Cela n'a pas empêché les associations féminines de poursuivre la lutte, insiste l'oratrice. Pour Chérifa Bouatta, il ne fait aucun doute que le combat citoyen des femmes et celui de Djamila Bouhired et de toutes les icônes de la guerre de Libération nationale ne font qu'un. « Nous sommes de cette tradition-là, de cette histoire-là. Notre filiation, c'est celle-là», martèle-t-elle.
Nadia Aït Zaï a pris le relais pour compléter ce tableau. Elle est avocate et enseignante à l'école de droit de Ben Aknoun. Elle dirige par ailleurs le Centre d'information et de documentation sur les droits de l'enfant et de la femme. S'agissant du code de la famille, la juriste indiquera qu'une première mouture de ce code circulait déjà en 1980. «Elle était bien meilleure que celle de 1984, mais elle a été jetée dans les tiroirs», regrette-t-elle. Nadia Aït Zaï confirme, à la suite de Chérifa Bouatta, qu'au tout début du mouvement féministe algérien, la condition féminine était noyée dans les circonvolutions partisanes. «A l'époque, l'idéologie partisane a pris le dessus sur la revendication égalitaire, car on avait en perspective la construction d'un projet de société», argue-t-elle, avant d'asséner : «On nous a menés en bateau !»

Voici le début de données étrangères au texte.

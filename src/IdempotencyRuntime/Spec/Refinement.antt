-- ===== src/IdempotencyRuntime/Spec/Refinement.antt =====
-- The in-memory store keeps the contract.
use world_infra.Prelude.{
  ℕ, ◌≤◌, ◌≡◌, refl, sym, true, false, Option, none, some, List, [], ◌∷◌, arith, subst, is_some,
}
use world_infra.Text.{Text}
use world_infra.Map.{get, keep_if, text_key}
use world_infra.IdempotencyRuntime.{
  Entry, EntryState, marker, InMemoryState, new, fresh, is_live, claim_of, maybe_cleanup, put_entry,
  locked_set_once, locked_claim_pending, locked_mark_completed, locked_exists,
}
use world_infra.IdempotencyRuntime.Cleanup.{
  IsValid, maybe_cleanup-IsValid, put_entry-IsValid, locked_delete-IsValid,
}
use world_infra.IdempotencyRuntime.Spec.{
  Op, sets_once, claims, completes, deletes, checks, Answer, flag, claim, Call, flagged, claimed,
  locked_step_of, locked_step, locked_run, Claims, update, entry_of, spec_step_of, spec_step,
  spec_run, live, Agrees, Refines, InOrder,
}
use world_infra.IdempotencyRuntime.Spec.Live.{
  put_entry-Agrees, maybe_cleanup-Agrees, locked_delete-Agrees,
}

-- The steps in terms of what is live after the cleanup.
locked_set_once_lem :
    (s : InMemoryState) (now t : ℕ) (key : Text)
    → let s' = maybe_cleanup s now in
      flagged (locked_set_once s now t key) ≡ elim (live s' now key) [
        | none ↦ (put_entry s' key marker t, flag true)
        | some _ ↦ (s', flag false)
      ]
unfolding locked_set_once
locked_set_once_lem s now t key = ground arith

locked_claim_pending_lem :
    (s : InMemoryState) (now t : ℕ) (key : Text)
    → let s' = maybe_cleanup s now in
      claimed (locked_claim_pending s now t key) ≡ elim (live s' now key) [
        | none ↦ (put_entry s' key EntryState.pending t, claim fresh)
        | some entry ↦ (s', claim (claim_of entry.state))
      ]
unfolding locked_claim_pending
locked_claim_pending_lem s now t key = ground arith

locked_exists_lem :
    (s : InMemoryState) (now : ℕ) (key : Text)
    → let s' = maybe_cleanup s now in
      flagged (locked_exists s now key) ≡ (s', flag (is_some (live s' now key)))
unfolding locked_exists
locked_exists_lem s now key = ground arith

-- The two branch on what is live: where nothing is, both write.
write-Refines :
    (o o' : Option Entry) (s : InMemoryState) (m : Claims) (key : Text) (state : EntryState)
    (now t : ℕ) (written : Answer) (held : Entry → Answer)
    → o ≡ o'
    → Agrees s m now
    → Refines
        (elim o [ none ↦ (put_entry s key state t, written) | some e ↦ (s, held e) ])
        (elim o' [
          | none ↦ (update m key (some (entry_of state t)), written)
          | some e ↦ (m, held e)
        ])
        now
write-Refines none none s m key state now t f g e h = (refl, put_entry-Agrees s m key state t now h)
write-Refines (some x) (some y) s m key state now t f g e h = (cc, h)
write-Refines none (some y) s m key state now t f g e h = cc
write-Refines (some x) none s m key state now t f g e h = cc

Refines-of_eq :
    {x y : InMemoryState × Answer} (z : Claims × Answer) (now : ℕ)
    → x ≡ y
    → Refines y z now
    → Refines x z now
Refines-of_eq z now e r = subst (λ w. Refines w z now) (sym e) r

Agrees-mono :
    (s : InMemoryState) (m : Claims) (since now : ℕ)
    → since ≤ now
    → Agrees s m since
    → Agrees s m now
Agrees-mono s m since now l h t k l' = h t k (omega arith)

module _ (s : InMemoryState) (m : Claims) (since now : ℕ) (v : IsValid s) (h : Agrees s m since)
    (l : since ≤ now) (key : Text) (t : ℕ) where
  cleaned : Agrees (maybe_cleanup s now) m now
  cleaned = maybe_cleanup-Agrees s m since now v h l

  shown : live (maybe_cleanup s now) now key ≡ keep_if (is_live now) (m key)
  shown = cleaned now key (omega arith)

  locked_step_of-Refines :
      (op : Op) → Refines (locked_step_of op s key now t) (spec_step_of op m key now t) now
  unfolding locked_step_of spec_step_of
  locked_step_of-Refines sets_once = Refines-of_eq _ now (locked_set_once_lem s now t key) (
      write-Refines _ _ (maybe_cleanup s now) m key marker now t (flag true) (λ _. flag false) shown
        cleaned)
  locked_step_of-Refines claims = Refines-of_eq _ now (locked_claim_pending_lem s now t key) (
      write-Refines _ _ (maybe_cleanup s now) m key EntryState.pending now t (claim fresh)
        (λ e. claim (claim_of e.state)) shown cleaned)
  locked_step_of-Refines completes =
      unfold locked_mark_completed in
      (refl, put_entry-Agrees s m key EntryState.completed t now (Agrees-mono s m since now l h))
  locked_step_of-Refines deletes =
      (refl, locked_delete-Agrees s m key now (Agrees-mono s m since now l h))
  locked_step_of-Refines checks =
      Refines-of_eq _ now (locked_exists_lem s now key) (cc shown, cleaned)

pub locked_step_of-IsValid :
    (op : Op) (s : InMemoryState) (key : Text) (now t : ℕ)
    → IsValid s
    → IsValid (locked_step_of op s key now t).0
unfolding locked_step_of locked_set_once locked_claim_pending locked_mark_completed locked_exists
locked_step_of-IsValid sets_once s key now t v =
    let c = maybe_cleanup-IsValid s now v in
    ground (arith, c, put_entry-IsValid (maybe_cleanup s now) key marker t c)
locked_step_of-IsValid claims s key now t v =
    let c = maybe_cleanup-IsValid s now v in
    ground (arith, c, put_entry-IsValid (maybe_cleanup s now) key EntryState.pending t c)
locked_step_of-IsValid completes s key now t v = put_entry-IsValid s key EntryState.completed t v
locked_step_of-IsValid deletes s key now t v = locked_delete-IsValid s key v
locked_step_of-IsValid checks s key now t v = maybe_cleanup-IsValid s now v

-- Every step on a valid state keeps the keys distinct and the next cleanup no later than the first
-- expiry.
pub locked_step-IsValid : (s : InMemoryState) (c : Call) → IsValid s → IsValid (locked_step s c).0
unfolding locked_step
locked_step-IsValid s c v = locked_step_of-IsValid c.op s c.key c.now c.expires_at v

-- One locked step answers as the contract does, and they go on agreeing.
pub locked_step-Refines :
    (s : InMemoryState) (m : Claims) (since : ℕ) (c : Call)
    → IsValid s
    → Agrees s m since
    → since ≤ c.now
    → Refines (locked_step s c) (spec_step m c) c.now
unfolding locked_step spec_step
locked_step-Refines s m since c v h l =
    locked_step_of-Refines s m since c.now v h l c.key c.expires_at c.op

locked_run_refines_from :
    (s : InMemoryState) (m : Claims) (since : ℕ) (cs : List Call)
    → IsValid s
    → Agrees s m since
    → InOrder since cs
    → (locked_run s cs).1 ≡ (spec_run m cs).1
unfolding locked_run spec_run
locked_run_refines_from s m since [] v h o = refl
locked_run_refines_from s m since (c ∷ cs) v h o =
    let (same, agrees) = locked_step-Refines s m since c v h o.0 in
    cc (
      same,
      locked_run_refines_from (locked_step s c).0 (spec_step m c).0 c.now cs
          (locked_step-IsValid s c v) agrees o.1,
    )

empty-IsValid : IsValid new.state
unfolding new
empty-IsValid = record { distinct = tt; covered = refl }

-- For calls whose times do not fall, the answers of a store that starts empty are those of the
-- contract: neither the cleanup nor its schedule can be seen.
pub locked_run_refines :
    (cs : List Call) → InOrder 0 cs → (locked_run new.state cs).1 ≡ (spec_run (λ k. none) cs).1
locked_run_refines cs o =
    locked_run_refines_from new.state (λ k. none) 0 cs empty-IsValid
      (unfold new get in (λ t k l. refl)) o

Nadia Aït Zaï met l'accent sur les luttes des années 1990 en rappelant la fameuse campagne de signatures lancée par plusieurs associations féminines pour les droits des femmes dans la famille. Il aura tout de même fallu attendre 2005 pour voir enfin des amendements introduits dans le texte controversé. Ce dont se félicite la conférencière, en dépit des articles qu'il reste encore à abroger. «Pour moi, si le mouvement associatif a été la base de ces revendications et la source de ces modifications, il faut dire qu'il a manqué de stratégie et de construction idéologique propre quant aux droits des femmes», constate-t-elle. Et d'ajouter : «Il n'y a pas eu de vrai travail sur l'égalité en tant que concept.» Et de faire remarquer comment le législateur a assaisonné cette notion à la sauce traditionnelle «sous le prisme de la conformité à nos valeurs». Chérifa Bouatta dira à ce propos avec une pointe d'ironie : «La femme chez nous fait partie des constantes nationales.»
Nadia Aït Zaï estime que le socle philosophique et culturel du code de la famille est complètement obsolète : «Je considère que ce code est archaïque, car il a été élaboré sur la base du système patriarcal archaïque et il est fondé sur la hiérarchisation des sexes. Le code de la famille doit sortir de la sphère privée et être versé dans la sphère publique, avec des lois civiles égalitaires.» Disséquant les amendements de 2005, elle dira : «Le législateur a essayé de changer l'architecture de la structure familiale. La notion de chef de famille a disparu dans les textes..» Mais il n'empêche, déplore-t-elle, que «ce code continue à véhiculer des discriminations entre les hommes et les femmes».